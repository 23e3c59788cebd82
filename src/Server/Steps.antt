-- ===== src/Server/Steps.antt =====
-- src/server/server.cc: Start, over the messages of a running server.
use plug_in_ml.Base.{
  ℕ, ◌<◌, ◌≡◌, refl, sym, ap, ◌∙◌, some, none, List, [], ◌∷◌, ℤ, get_elem?-some, set, length,
  length-set, length-replicate, replicate, All, All-map, lookup, arith,
}
use mathlib.Core.Path.{subst}
use plug_in_ml.Floats.{FloatOps}
use plug_in_ml.Message.{
  Addr, Message, MessageType, config, request, heartbeat, register, terminate, RequestMessage,
  key_value, key,
}
use plug_in_ml.Communicator.{send}
use plug_in_ml.Server.State.{Server, fixed}
use plug_in_ml.Server.Pull.{serve_pull}
use plug_in_ml.Server.Push.{serve_push}
use plug_in_ml.Server.Backup.{backup_index}
use plug_in_ml.Server.Average.{InSegment}
use plug_in_ml.Server.Store.{Fits}
use plug_in_ml.Server.Serving.{IsServing, serve_push-Pushed}
use plug_in_ml.Server.Pulling.{serve_pull-Pulled, beside-IsServing}
use plug_in_ml.Server.Copies.{own_reply, respond_backup_lem, backup_lem}
use plug_in_ml.Server.Handle.{handle_server, handle_request, handle_typed, handle, start}

-- A message that changes nothing by its type.
pub data IsIgnored : MessageType → Type 0 where
  ignored_heartbeat : IsIgnored heartbeat
  ignored_register : IsIgnored register
  ignored_terminate : IsIgnored terminate

-- A push that fits the segment, a pull of keys from the start up to the start and the length, a
-- message that is ignored, a server's copy that has a place, a server's request for a copy. A pull
-- of keys below the start, as the last server gets them too, is none of these.
pub data Expected {F : Type 0} (s : Server F) (msg : Message F) : Type 0 where
  a_push :
      (body : RequestMessage F)
      → lookup msg.send_id s.servers ≡ none
      → msg.message_type ≡ request
      → msg.request_msg ≡ some body
      → body.request_type ≡ key_value
      → Fits s.start_key s.parameter_length body
      → Expected s msg
  a_pull :
      (body : RequestMessage F)
      → lookup msg.send_id s.servers ≡ none
      → msg.message_type ≡ request
      → msg.request_msg ≡ some body
      → body.request_type ≡ key
      → All (InSegment s.start_key s.parameter_length) body.keys
      → Expected s msg
  nothing : lookup msg.send_id s.servers ≡ none → IsIgnored msg.message_type → Expected s msg
  a_copy :
      (body : RequestMessage F) (i : ℕ)
      → lookup msg.send_id s.servers ≡ some i
      → msg.request_msg ≡ some body
      → backup_index s msg.send_id < length s.backup_parameters
      → Expected s msg
  a_copy_request :
      (i : ℕ) → lookup msg.send_id s.servers ≡ some i → msg.request_msg ≡ none → Expected s msg

module _ {F : Type 0} where
  to_fixed : (s : Server F) (msg : Message F) → Expected s msg → Expected (fixed s) msg
  unfolding backup_index
  to_fixed s msg (a_push body a b c d e) = a_push body a b c d e
  to_fixed s msg (a_pull body a b c d e) = a_pull body a b c d e
  to_fixed s msg (nothing a b) = nothing a b
  to_fixed s msg (a_copy body i a b c) =
      a_copy body i a b
        (omega (arith, c, length-replicate {A = List F} (length s.backup_parameters) []))
  to_fixed s msg (a_copy_request i a b) = a_copy_request i a b

  from_fixed : (s : Server F) (msg : Message F) → Expected (fixed s) msg → Expected s msg
  unfolding backup_index
  from_fixed s msg (a_push body a b c d e) = a_push body a b c d e
  from_fixed s msg (a_pull body a b c d e) = a_pull body a b c d e
  from_fixed s msg (nothing a b) = nothing a b
  from_fixed s msg (a_copy body i a b c) =
      a_copy body i a b
        (omega (arith, c, length-replicate {A = List F} (length s.backup_parameters) []))
  from_fixed s msg (a_copy_request i a b) = a_copy_request i a b

  -- What is expected stays expected.
  Expected-fixed :
      (s s' : Server F) (msg : Message F) → fixed s' ≡ fixed s → Expected s msg → Expected s' msg
  Expected-fixed s s' msg same e =
      from_fixed s' msg (subst (λ t. Expected t msg) (sym same) (to_fixed s msg e))

module _ {F : Type 0} ⦃ops : FloatOps F⦄ where
  handle_ignored :
      (zmq_close : Addr → ℤ) (s : Server F) (msg : Message F) (type_field : MessageType)
      → IsIgnored type_field
      → handle_typed zmq_close s msg type_field ≡ some s
  unfolding handle_typed
  handle_ignored zmq_close s msg config i = elim i [ ]
  handle_ignored zmq_close s msg request i = elim i [ ]
  handle_ignored zmq_close s msg heartbeat ignored_heartbeat = refl
  handle_ignored zmq_close s msg register ignored_register = refl
  handle_ignored zmq_close s msg terminate ignored_terminate = refl

  push_request :
      (s : Server F) (id : ℤ) (body : RequestMessage F)
      → handle_request s id body key_value ≡ serve_push s id body
  unfolding handle_request
  push_request s id body = refl

  pull_request_lem :
      (s : Server F) (id : ℤ) (body : RequestMessage F)
      → handle_request s id body key ≡ serve_pull s id body
  unfolding handle_request
  pull_request_lem s id body = refl

  -- A push reaches `ServePush`.
  pub handle_push :
      (zmq_close : Addr → ℤ) (s : Server F) (msg : Message F) (body : RequestMessage F)
      → lookup msg.send_id s.servers ≡ none
      → msg.message_type ≡ request
      → msg.request_msg ≡ some body
      → body.request_type ≡ key_value
      → handle zmq_close s msg ≡ serve_push s msg.send_id body
  unfolding handle
  handle_push zmq_close s msg body other typed has kind =
      rw (handle, other, typed, handle_typed, has)
        (ap (handle_request s msg.send_id body) kind ∙ push_request s msg.send_id body)

  -- One message: nothing is read out of range, and the server serves on, as the same server.
  handle-IsServing :
      (zmq_close : Addr → ℤ) (s : Server F) (msg : Message F)
      → IsServing s
      → Expected s msg
      → (s' : Server F) × (handle zmq_close s msg ≡ some s') × IsServing s' × (fixed s' ≡ fixed s)
  unfolding handle
  handle-IsServing zmq_close s msg v (a_push body other typed has kind fits) =
      let r = serve_push-Pushed s msg.send_id body v fits in
      (r.0, handle_push zmq_close s msg body other typed has kind ∙ r.1, r.2, r.4)
  handle-IsServing zmq_close s msg v (a_pull body other typed has kind inside) =
      let r = serve_pull-Pulled s msg.send_id body v inside in
      (
        r.0,
        rw (handle, other, typed, handle_typed, has)
            (ap (handle_request s msg.send_id body) kind
              ∙ pull_request_lem s msg.send_id body
              ∙ r.1),
        r.2,
        r.3,
      )
  handle-IsServing zmq_close s msg v (nothing other ignored) =
      (s, rw (handle, other) (handle_ignored zmq_close s msg msg.message_type ignored), v, refl)
  handle-IsServing zmq_close s msg v (a_copy body i known has place) =
      let index = backup_index s msg.send_id in
      let old = get_elem?-some s.backup_parameters index place in
      (
        _,
        rw (handle, known, handle_server, has) (backup_lem s msg body old.0 i known has old.1),
        beside-IsServing s s.sender (set s.backup_parameters index body.values) v,
        ap (λ n. record (fixed s) { backup_parameters = replicate n [] })
            (length-set s.backup_parameters index body.values),
      )
  handle-IsServing zmq_close s msg v (a_copy_request i known none_there) = (
    _,
    rw (handle, known, handle_server, none_there) (respond_backup_lem s msg.send_id v.filled.sized),
    beside-IsServing s (send msg.send_id (own_reply s msg.send_id) s.sender) s.backup_parameters v,
    refl,
  )

  -- A server that serves, and any messages, in any order, of these kinds: pushes that fit its segment,
  -- pulls of keys from its start up to its start and its length (so not of the keys below its start
  -- that the last server also holds), messages that are ignored, copies that have a place, and
  -- requests for a copy. `Start` handles them all and reads nothing out of range, the server serves
  -- on, and only what was sent, the parameters, the copies and the state of the rounds have changed.
  pub start-IsServing :
      (zmq_close : Addr → ℤ) (s : Server F) (messages : List (Message F))
      → IsServing s
      → All (Expected s) messages
      → (s' : Server F) × (start zmq_close s messages ≡ some s')
        × IsServing s'
        × (fixed s' ≡ fixed s)
  unfolding start
  start-IsServing zmq_close s [] v e = (s, refl, v, refl)
  start-IsServing zmq_close s (msg ∷ rest) v e =
      let one = handle-IsServing zmq_close s msg v e.0 in
      let more = start-IsServing zmq_close one.0 rest one.2 (
        All-map (Expected s) (Expected one.0) (λ m x. Expected-fixed s one.0 m one.3 x) rest e.1) in
      (more.0, rw one.1 more.1, more.2, more.3 ∙ one.3)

•••••

PROBLEM DESCRIPTION: Once you find the line with "ignored_terminate : IsIgnored terminate" above, print it and every line after it up to and including the line with "s.start_key s.parameter_length body", exactly as written and nothing else.

OUTPUT OF THE EXERCISE:
  ignored_terminate : IsIgnored terminate

-- A push that fits the segment, a pull of keys from the start up to the start and the length, a
-- message that is ignored, a server's copy that has a place, a server's request for a copy. A pull
-- of keys below the start, as the last server gets them too, is none of these.
pub data Expected {F : Type 0} (s : Server F) (msg : Message F) : Type 0 where
  a_push :
      (body : RequestMessage F)
      → lookup msg.send_id s.servers ≡ none
      → msg.message_type ≡ request
      → msg.request_msg ≡ some body
      → body.request_type ≡ key_value
      → Fits s.start_key s.parameter_length body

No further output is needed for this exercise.